Радость от этого первого вечера все еще свежа в моей памяти, несмотря на прошедшие с тех пор годы, наполненные счастьем. Я помню об этом, когда поднимаюсь на кафедру и с высоты смотрю на лучших людей, сидящих передо мной, скамья за скамьей, щедрых и уверенных, на худших людей, толпящихся в проходах, на усатых теноров из хора, на священников с высоко поднятыми бровями, церковных служек, перебирающих свои сумки, и надменных привратников, отгоняющих от дверей опоздавших. Я помню об этом и когда сижу в своем удобном холостяцком убежище среди тапочек, которые добрые юные леди изготовили для меня, дубовых подставок, которые были вырезаны для меня добрыми молодыми людьми, среди ряда подаренных мне чайников, памятных дипломов и других приношений тех, кто верит, что я протянул им руку помощи, и кто на самом деле помог мне выбраться из трясины.

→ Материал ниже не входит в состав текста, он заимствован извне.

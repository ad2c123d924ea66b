-- ===== src/Raft/Agreement.antt =====
-- Replicas of raft/fsm.go that answer alike, whatever their files look like, still answer alike after
-- they have applied the same entries of the log.
use titan_distributed_kv.Common.{
  ℕ, ◌<◌, ◌≡◌, refl, sym, ap, ap₂, String, ◌∙◌, inl, inr, List, [], ◌∷◌, Bytes, codes, bytes_key,
  same, Option, arith, Bool-cases, length,
}
use titan_distributed_kv.Common.Errors.{Error, wrap, Result, ok, err}
use titan_distributed_kv.Storage.Codec.{word}
use titan_distributed_kv.Storage.Exec.{Store, M, wrapping}
use titan_distributed_kv.Storage.Bitcask
use titan_distributed_kv.Storage.Bitcask.Steps.{IsValid, Refines, set_value, drop_value}
use titan_distributed_kv.Storage.Bitcask.Answers.{get_missing, get_cases}
use titan_distributed_kv.Storage.Bitcask.Refinement.{put-Refines, delete-Refines, delete_missing}
use titan_distributed_kv.Storage.Api
use titan_distributed_kv.Raft.{LogEntry, Fsm, Log, finish, apply_entry, apply_decoded, apply}

-- Two valid engines that answer `Get` alike, in state machines at the same index.
pub record Agree (f g : Fsm) : Type 0 where
  pub valid_left : IsValid f.api
  pub valid_right : IsValid g.api
  pub answers : (key : Bytes) → Bitcask.get key f.api ≡ Bitcask.get key g.api
  pub index : f.index ≡ g.index

-- The outcomes of one method on two engines: the same result, and engines that answer alike.
record Alike (r s : Result (Unit {0}) × Store) : Type 0 where
  pub outcome : r.0 ≡ s.0
  pub valid_left : IsValid r.1
  pub valid_right : IsValid s.1
  pub answers : (key : Bytes) → Bitcask.get key r.1 ≡ Bitcask.get key s.1

Refines-Alike :
    (r s : Result (Unit {0}) × Store) (view view' : Bytes → Result Bytes)
    → Refines r view
    → Refines s view'
    → ((key : Bytes) → view key ≡ view' key)
    → Alike r s
Refines-Alike r s view view' hr hs e = record {
  outcome = hr.succeeds ∙ sym hs.succeeds;
  valid_left = hr.valid;
  valid_right = hs.valid;
  answers = λ key. hr.views key ∙ e key ∙ sym (hs.views key);
}

set_value-agree :
    (key value : Bytes) (view view' : Bytes → Result Bytes)
    → ((j : Bytes) → view j ≡ view' j)
    → (j : Bytes) → set_value key value view j ≡ set_value key value view' j
set_value-agree key value view view' e j = ground (arith, e j)

drop_value-agree :
    (key : Bytes) (view view' : Bytes → Result Bytes)
    → ((j : Bytes) → view j ≡ view' j)
    → (j : Bytes) → drop_value key view j ≡ drop_value key view' j
drop_value-agree key view view' e j = ground (arith, e j)

module _ (s t : Store) (vs : IsValid s) (vt : IsValid t)
    (alike : (key : Bytes) → Bitcask.get key s ≡ Bitcask.get key t) where
  unchanged-Alike : (e : Error) → Alike (err e, s) (err e, t)
  unchanged-Alike e = record { outcome = refl; valid_left = vs; valid_right = vt; answers = alike }

  put-Alike :
      (key value : Bytes)
      → length key < word
      → length value < word
      → Alike (Bitcask.put key value s) (Bitcask.put key value t)
  put-Alike key value hk hv =
      Refines-Alike (Bitcask.put key value s) (Bitcask.put key value t)
        (set_value key value (λ j. Bitcask.get j s)) (set_value key value (λ j. Bitcask.get j t))
        (put-Refines s key value vs hk hv) (put-Refines t key value vt hk hv)
        (set_value-agree key value (λ j. Bitcask.get j s) (λ j. Bitcask.get j t) alike)

  delete_found-Alike :
      (key value : Bytes)
      → Bitcask.get key s ≡ ok value
      → Alike (Bitcask.delete key s) (Bitcask.delete key t)
  delete_found-Alike key value found =
      Refines-Alike (Bitcask.delete key s) (Bitcask.delete key t)
        (drop_value key (λ j. Bitcask.get j s)) (drop_value key (λ j. Bitcask.get j t))
        (delete-Refines s key value vs found)
        (delete-Refines t key value vt (sym (alike key) ∙ found))
        (drop_value-agree key (λ j. Bitcask.get j s) (λ j. Bitcask.get j t) alike)

  delete-Alike : (key : Bytes) → Alike (Bitcask.delete key s) (Bitcask.delete key t)
  delete-Alike key = elim (get_cases s vs key) [
    | inl (value, found) ↦ delete_found-Alike key value found
    | inr none_s ↦ elim (get_cases t vt key) [
      | inl (value, found) ↦ absurd (cc (alike key, get_missing s key none_s, found))
      | inr none_t ↦
          rw (delete_missing s key none_s, delete_missing t key none_t)
            (unchanged-Alike Bitcask.key_not_found)
    ]
  ]

-- The outcomes of an entry on two state machines.
abbrev Agreed : Option Error × Fsm → Option Error × Fsm → Type 0
Agreed r s = (r.0 ≡ s.0) × Agree r.1 s.1

module _ (f g : Fsm) (agree : Agree f g) where
  finish-Agree :
      (index : ℕ) (failure : Error → Error) (a b : Result (Unit {0})) (s t : Store)
      → Alike (a, s) (b, t)
      → Agreed (finish f index failure (a, s)) (finish g index failure (b, t))
  unfolding finish
  finish-Agree index failure (ok _) (ok _) s t h = (
    refl,
    record {
      valid_left = h.valid_left;
      valid_right = h.valid_right;
      answers = h.answers;
      index = refl;
    },
  )
  finish-Agree index failure (ok _) (err e) s t h = absurd (cc (h.outcome))
  finish-Agree index failure (err e) (ok _) s t h = absurd (cc (h.outcome))
  finish-Agree index failure (err e) (err e') s t h = (
    cc (h.outcome),
    record {
      valid_left = h.valid_left;
      valid_right = h.valid_right;
      answers = h.answers;
      index = agree.index;
    },
  )

  wrapping-Alike :
      (message : String) (m : M (Unit {0}))
      → Alike (m f.api) (m g.api)
      → Alike (wrapping message m f.api) (wrapping message m g.api)
  wrapping-Alike message m h = record {
    outcome = ap (λ r. (wrapping message (λ x. (r, x)) f.api).0) h.outcome;
    valid_left = h.valid_left;
    valid_right = h.valid_right;
    answers = h.answers;
  }

  api_put-Alike :
      (key value : Bytes)
      → length key < word
      → length value < word
      → Alike (Api.put key value f.api) (Api.put key value g.api)
  unfolding Api.put
  api_put-Alike key value hk hv = elim (Bool-cases (same key [])) [
    | inl e ↦
        rw e (
          unchanged-Alike f.api g.api agree.valid_left agree.valid_right agree.answers
            Api.key_empty)
    | inr e ↦ rw e (
        wrapping-Alike "put operation failed" (Bitcask.put key value)
          (put-Alike f.api g.api agree.valid_left agree.valid_right agree.answers key value hk hv))
  ]

  api_delete-Alike : (key : Bytes) → Alike (Api.delete key f.api) (Api.delete key g.api)
  unfolding Api.delete
  api_delete-Alike key = elim (Bool-cases (same key [])) [
    | inl e ↦
        rw e (
          unchanged-Alike f.api g.api agree.valid_left agree.valid_right agree.answers
            Api.key_empty)
    | inr e ↦ rw e (
        wrapping-Alike "delete operation failed" (Bitcask.delete key)
          (delete-Alike f.api g.api agree.valid_left agree.valid_right agree.answers key))
  ]

  apply_entry-Agree :
      (index : ℕ) (entry : LogEntry)
      → length entry.key < word
      → length entry.value < word
      → Agreed (apply_entry f index entry) (apply_entry g index entry)
  unfolding apply_entry
  apply_entry-Agree index entry hk hv = elim (Bool-cases (same entry.operation (codes "PUT"))) [
    | inl e ↦ rw e (
        finish-Agree index (wrap "failed to apply PUT") _ _ _ _
          (api_put-Alike entry.key entry.value hk hv))
    | inr not_put ↦ elim (Bool-cases (same entry.operation (codes "DELETE"))) [
      | inl e ↦
          rw (not_put, e)
            (finish-Agree index (wrap "failed to apply DELETE") _ _ _ _
              (api_delete-Alike entry.key))
      | inr e ↦ rw (not_put, e) (refl, agree)
    ]
  ]

-- What the log holds: `decode` gives entries whose sizes fit a uint32, or fails.
abbrev pub Fits : (Bytes → Result LogEntry) → List Log → Type 0
Fits decode [] = Unit
Fits decode (log ∷ logs) =
    ((entry : LogEntry)
      → decode log.log_data ≡ ok entry
      → (length entry.key < word) × (length entry.value < word))
    × Fits decode logs

-- The log entries that the library hands over, one by one, with what `Apply` returns for each.
abbrev pub apply_all : (Bytes → Result LogEntry) → List Log → Fsm → List (Option Error) × Fsm
apply_all decode [] f = ([], f)
apply_all decode (log ∷ logs) f =
    let (r, f') = apply decode f log in let (rs, f'') = apply_all decode logs f' in (r ∷ rs, f'')

apply-Agree :
    (decode : Bytes → Result LogEntry) (f g : Fsm) (log : Log) (d : Result LogEntry)
    → decode log.log_data ≡ d
    → Agree f g
    → ((entry : LogEntry) → d ≡ ok entry → (length entry.key < word) × (length entry.value < word))
    → Agreed (apply_decoded f log.log_index d) (apply_decoded g log.log_index d)
unfolding apply_decoded
apply-Agree decode f g log (ok entry) e agree fits =
    let (hk, hv) = fits entry refl in apply_entry-Agree f g agree log.log_index entry hk hv
apply-Agree decode f g log (err _) e agree fits = (refl, agree)

-- Two replicas at the same index, whose valid engines have no faults ahead and answer alike, apply a log
-- whose keys and values fit a uint32 size: they return the same for each entry, and end at the same
-- index with valid engines that answer alike, whatever files they started with.
pub apply_all-Agree :
    (decode : Bytes → Result LogEntry) (logs : List Log) (f g : Fsm)
    → Agree f g
    → Fits decode logs
    → ((apply_all decode logs f).0 ≡ (apply_all decode logs g).0)
      × Agree (apply_all decode logs f).1 (apply_all decode logs g).1
unfolding apply
apply_all-Agree decode [] f g agree fits = (refl, agree)
apply_all-Agree decode (log ∷ logs) f g agree (fits, rest) =
    let (same_result, agree') = apply-Agree decode f g log (decode log.log_data) refl agree fits in
    let (same_results, last) =
      apply_all-Agree decode logs (apply decode f log).1 (apply decode g log).1 agree' rest in
    (ap₂ ◌∷◌ same_result same_results, last)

Хотя я пытаюсь донести эту свою радость до других — так же как я пытаюсь донести до людей что-то еще, что кажется мне хорошим, — и хотя иногда мне это удается, все же я никому не могу точно рассказать, как эта радость пришла ко мне. Ибо, если бы я прошептал хоть слово, моя нынешняя жизнь, такая приятная и удобная, подошла бы к концу, моя община распалась бы на части, и я должен был бы последовать за ней, а вместо того, чтобы быть опорой для прихода, я мог бы стать обузой для общества. Вот почему вместо лиричной и красноречивой проповеди, столь подходящей для моей профессии, я вынужден использовать недостойный способ повествования и ввести вас в заблуждение, заявив, что это короткий рассказ, подходящий для чтения в поезде.
Перевод Людмилы Мининой
1 Видимо, имеются в виду шекспировская «Буря» и гимн творения «Benedicite». (Здесь и далее — примеч. пер.)
2 Шутливое выражение о чае — «Напиток веселящий, но не пьянящий» впервые употребил английский поэт У. Каупер (1731—1800).